**WHAT YOU HAVE TO DO:** Within the material below, transcribe exactly the lines from the one holding "pub rc_strncpy : List" through the one holding "then (do dest", keeping both ends and skipping the rest.

**SUPPLIED DATA:**

-- ===== src/Strings.antt =====
-- The string helpers of src/string/p_string.cpp, over arrays of bytes. A buffer is the list of its
-- bytes; `none` is an access outside of a buffer, or a signed overflow. Lengths are not negative.
pub mod Copy
pub mod Digits
mod Tests
use record_lib.Base.{
  ℕ, zero, suc, ◌+◌, ◌-◌, ◌*◌, ◌^◌, Bool, true, false, ◌||◌, Option, none, some, List, [], ◌∷◌,
  ◌==◌, ltb, leb, if◌then◌else◌, ◌>>=◌, length, set,
}

-- `strncpy` of the C library: the bytes up to the first NUL, padded with NULs.
pub pad : ℕ → List ℕ → Option (List ℕ)
pad zero dest = some dest
pad (suc n) [] = none
pad (suc n) (d ∷ dest) = do rest ← pad n dest; some (0 ∷ rest)

pub strncpy : List ℕ → List ℕ → ℕ → Option (List ℕ)
unfolding pad
strncpy dest src zero = some dest
strncpy [] src (suc n) = none
strncpy (d ∷ dest) [] (suc n) = none
strncpy (d ∷ dest) (c ∷ src) (suc n) =
    if c == 0 then pad (suc n) (d ∷ dest) else do rest ← strncpy dest src n; some (c ∷ rest)

-- `dest[i] = c`
pub write_byte : List ℕ → ℕ → ℕ → Option (List ℕ)
write_byte dest i c = if ltb i (length dest) then some (set dest i c) else none

-- A buffer size of 0 makes the last index -1.
pub rc_strncpy : List ℕ → (d_l : ℕ) → List ℕ → (s_l : ℕ) → Option (List ℕ)
rc_strncpy dest zero src s_l = none
rc_strncpy dest (suc m) src s_l =
    if ltb s_l m
    then (do dest ← strncpy dest src s_l; write_byte dest s_l 0)
    else do dest ← strncpy dest src m; write_byte dest m 0

-- The result is the returned count and the buffer.
pub rn_strncpy : List ℕ → (d_l : ℕ) → List ℕ → (s_l : ℕ) → Option (ℕ × List ℕ)
rn_strncpy dest zero src s_l = none
rn_strncpy dest (suc m) src s_l =
    if ltb s_l m
    then (elim s_l [
      | zero ↦ none
      | suc k ↦ do dest ← strncpy dest src k; dest ← write_byte dest k 0; some (k, dest)
    ])
    else do dest ← strncpy dest src m; dest ← write_byte dest m 0; some (m, dest)

-- The `for` of `p_atoof`, over `n` bytes of the line. The inner `none` is the result -1.
pub atoof_loop : List ℕ → ℕ → ℕ → Option (Option ℕ)
atoof_loop line zero value = some (some value)
atoof_loop [] (suc n) value = none
atoof_loop (c ∷ line) (suc n) value =
    let next = value * 10 + (c - 48) in
    if ltb c 48 || ltb 57 c
    then some none
    else if ltb next (2 ^ 31)
    then atoof_loop line n next
    else none

-- Without an overflow the last test of the source, for a negative value, fails.
pub p_atoof : List ℕ → ℕ → Option (Option ℕ)
unfolding atoof_loop
p_atoof line zero = some none
p_atoof line (suc n) = atoof_loop line (suc n) 0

**EXERCISE ANSWER:**
pub rc_strncpy : List ℕ → (d_l : ℕ) → List ℕ → (s_l : ℕ) → Option (List ℕ)
rc_strncpy dest zero src s_l = none
rc_strncpy dest (suc m) src s_l =
    if ltb s_l m
    then (do dest ← strncpy dest src s_l; write_byte dest s_l 0)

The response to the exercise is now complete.